What to produce:
Below is a listing; return it in full, exactly as it appears.

*** Begin section ***

-- ===== src/Tree/Change.antt =====
-- One inode of a tree becomes another node; all others stay what they are.
use extent_based_fs.Base.{
  ℕ, ◌<◌, ◌≡◌, ◌≢◌, sym, ◌∙◌, inl, inr, List, arith, ◌==◌, ==→eq, Bool-cases, false,
}
use extent_based_fs.Types.{FsCtx, update}
use extent_based_fs.Dir.Entries.{AllSlots}
use extent_based_fs.Tree.{Node, Nodes}
use extent_based_fs.Tree.Shape.{Stands, HasInodes, HasSpare, HasNodes, LacksAll, InUse, InRegion}
use extent_based_fs.Tree.Frames.{Agrees, Stands-Agrees}

-- From `s` to `t` inode `i` becomes the node `v`, with entries at `es`.
pub record Becomes {s : FsCtx} {total : ℕ} {T : Nodes} {spare : ℕ} (has : HasNodes s total T spare)
    (t : FsCtx) (spare' i : ℕ) (v : Node) (es : List ℕ) : Type 0 where
  pub below : i < total
  pub counts : HasInodes t total
  pub blocks : HasSpare t spare'
  pub stands : Stands t es i v
  pub others : (j : ℕ) → j ≢ i → Agrees s t (has.places j) j
  pub apart : (j : ℕ) → j ≢ i → LacksAll es (has.places j) × LacksAll (has.places j) es
  pub in_use : InUse t es
  pub others_in_use : (j : ℕ) → j ≢ i → InUse t (has.places j)
  pub size : t.size ≡ s.size
  pub slots : AllSlots s.size es
  pub data_start : t.sb.sb_first_data_block ≡ s.sb.sb_first_data_block
  pub region : InRegion s es

module _ {s : FsCtx} {total : ℕ} {T : Nodes} {spare : ℕ} (has : HasNodes s total T spare)
    {t : FsCtx} {spare' i : ℕ} {v : Node} {es : List ℕ} (b : Becomes has t spare' i v es) where
  ne_of : (j : ℕ) → (j == i) ≡ false → j ≢ i
  ne_of j e = ground arith

  pub HasNodes-Becomes : HasNodes t total (update T i v) spare'
  HasNodes-Becomes = record {
    counts = b.counts;
    blocks = b.blocks;
    places = update has.places i es;
    stands = λ j below. elim (Bool-cases (j == i)) [
      | inl e ↦ rw (e, ==→eq j i e) b.stands
      | inr e ↦ rw e (Stands-Agrees (b.others j (ne_of j e)) (T j) (has.stands j below))
    ];
    beyond = λ j above. elim (Bool-cases (j == i)) [
      | inl e ↦ let same : j ≡ i = ==→eq j i e in absurd (omega (arith, b.below))
      | inr e ↦ rw e (has.beyond j above)
    ];
    apart = λ j k ne. elim (Bool-cases (j == i)) [
      | inl e ↦ elim (Bool-cases (k == i)) [
        | inl q ↦ absurd (ne (==→eq j i e ∙ sym (==→eq k i q)))
        | inr q ↦ rw (e, q) (b.apart k (ne_of k q)).0
      ]
      | inr e ↦ elim (Bool-cases (k == i)) [
        | inl q ↦ rw (e, q) (b.apart j (ne_of j e)).1
        | inr q ↦ rw (e, q) (has.apart j k ne)
      ]
    ];
    in_use = λ j. elim (Bool-cases (j == i)) [
      | inl e ↦ rw e b.in_use
      | inr e ↦ rw e (b.others_in_use j (ne_of j e))
    ];
    slots = λ j. elim (Bool-cases (j == i)) [
      | inl e ↦ rw (e, b.size) b.slots
      | inr e ↦ rw (e, b.size) (has.slots j)
    ];
    region = λ j. elim (Bool-cases (j == i)) [
      | inl e ↦ rw (e, b.data_start) b.region
      | inr e ↦ rw (e, b.data_start) (has.region j)
    ];
  }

*** End section ***

Answer for this exercise:
-- ===== src/Tree/Change.antt =====
-- One inode of a tree becomes another node; all others stay what they are.
use extent_based_fs.Base.{
  ℕ, ◌<◌, ◌≡◌, ◌≢◌, sym, ◌∙◌, inl, inr, List, arith, ◌==◌, ==→eq, Bool-cases, false,
}
use extent_based_fs.Types.{FsCtx, update}
use extent_based_fs.Dir.Entries.{AllSlots}
use extent_based_fs.Tree.{Node, Nodes}
use extent_based_fs.Tree.Shape.{Stands, HasInodes, HasSpare, HasNodes, LacksAll, InUse, InRegion}
use extent_based_fs.Tree.Frames.{Agrees, Stands-Agrees}

-- From `s` to `t` inode `i` becomes the node `v`, with entries at `es`.
pub record Becomes {s : FsCtx} {total : ℕ} {T : Nodes} {spare : ℕ} (has : HasNodes s total T spare)
    (t : FsCtx) (spare' i : ℕ) (v : Node) (es : List ℕ) : Type 0 where
  pub below : i < total
  pub counts : HasInodes t total
  pub blocks : HasSpare t spare'
  pub stands : Stands t es i v
  pub others : (j : ℕ) → j ≢ i → Agrees s t (has.places j) j
  pub apart : (j : ℕ) → j ≢ i → LacksAll es (has.places j) × LacksAll (has.places j) es
  pub in_use : InUse t es
  pub others_in_use : (j : ℕ) → j ≢ i → InUse t (has.places j)
  pub size : t.size ≡ s.size
  pub slots : AllSlots s.size es
  pub data_start : t.sb.sb_first_data_block ≡ s.sb.sb_first_data_block
  pub region : InRegion s es

module _ {s : FsCtx} {total : ℕ} {T : Nodes} {spare : ℕ} (has : HasNodes s total T spare)
    {t : FsCtx} {spare' i : ℕ} {v : Node} {es : List ℕ} (b : Becomes has t spare' i v es) where
  ne_of : (j : ℕ) → (j == i) ≡ false → j ≢ i
  ne_of j e = ground arith

  pub HasNodes-Becomes : HasNodes t total (update T i v) spare'
  HasNodes-Becomes = record {
    counts = b.counts;
    blocks = b.blocks;
    places = update has.places i es;
    stands = λ j below. elim (Bool-cases (j == i)) [
      | inl e ↦ rw (e, ==→eq j i e) b.stands
      | inr e ↦ rw e (Stands-Agrees (b.others j (ne_of j e)) (T j) (has.stands j below))
    ];
    beyond = λ j above. elim (Bool-cases (j == i)) [
      | inl e ↦ let same : j ≡ i = ==→eq j i e in absurd (omega (arith, b.below))
      | inr e ↦ rw e (has.beyond j above)
    ];
    apart = λ j k ne. elim (Bool-cases (j == i)) [
      | inl e ↦ elim (Bool-cases (k == i)) [
        | inl q ↦ absurd (ne (==→eq j i e ∙ sym (==→eq k i q)))
        | inr q ↦ rw (e, q) (b.apart k (ne_of k q)).0
      ]
      | inr e ↦ elim (Bool-cases (k == i)) [
        | inl q ↦ rw (e, q) (b.apart j (ne_of j e)).1
        | inr q ↦ rw (e, q) (has.apart j k ne)
      ]
    ];
    in_use = λ j. elim (Bool-cases (j == i)) [
      | inl e ↦ rw e b.in_use
      | inr e ↦ rw e (b.others_in_use j (ne_of j e))
    ];
    slots = λ j. elim (Bool-cases (j == i)) [
      | inl e ↦ rw (e, b.size) b.slots
      | inr e ↦ rw (e, b.size) (has.slots j)
    ];
    region = λ j. elim (Bool-cases (j == i)) [
      | inl e ↦ rw (e, b.data_start) b.region
      | inr e ↦ rw (e, b.data_start) (has.region j)
    ];
  }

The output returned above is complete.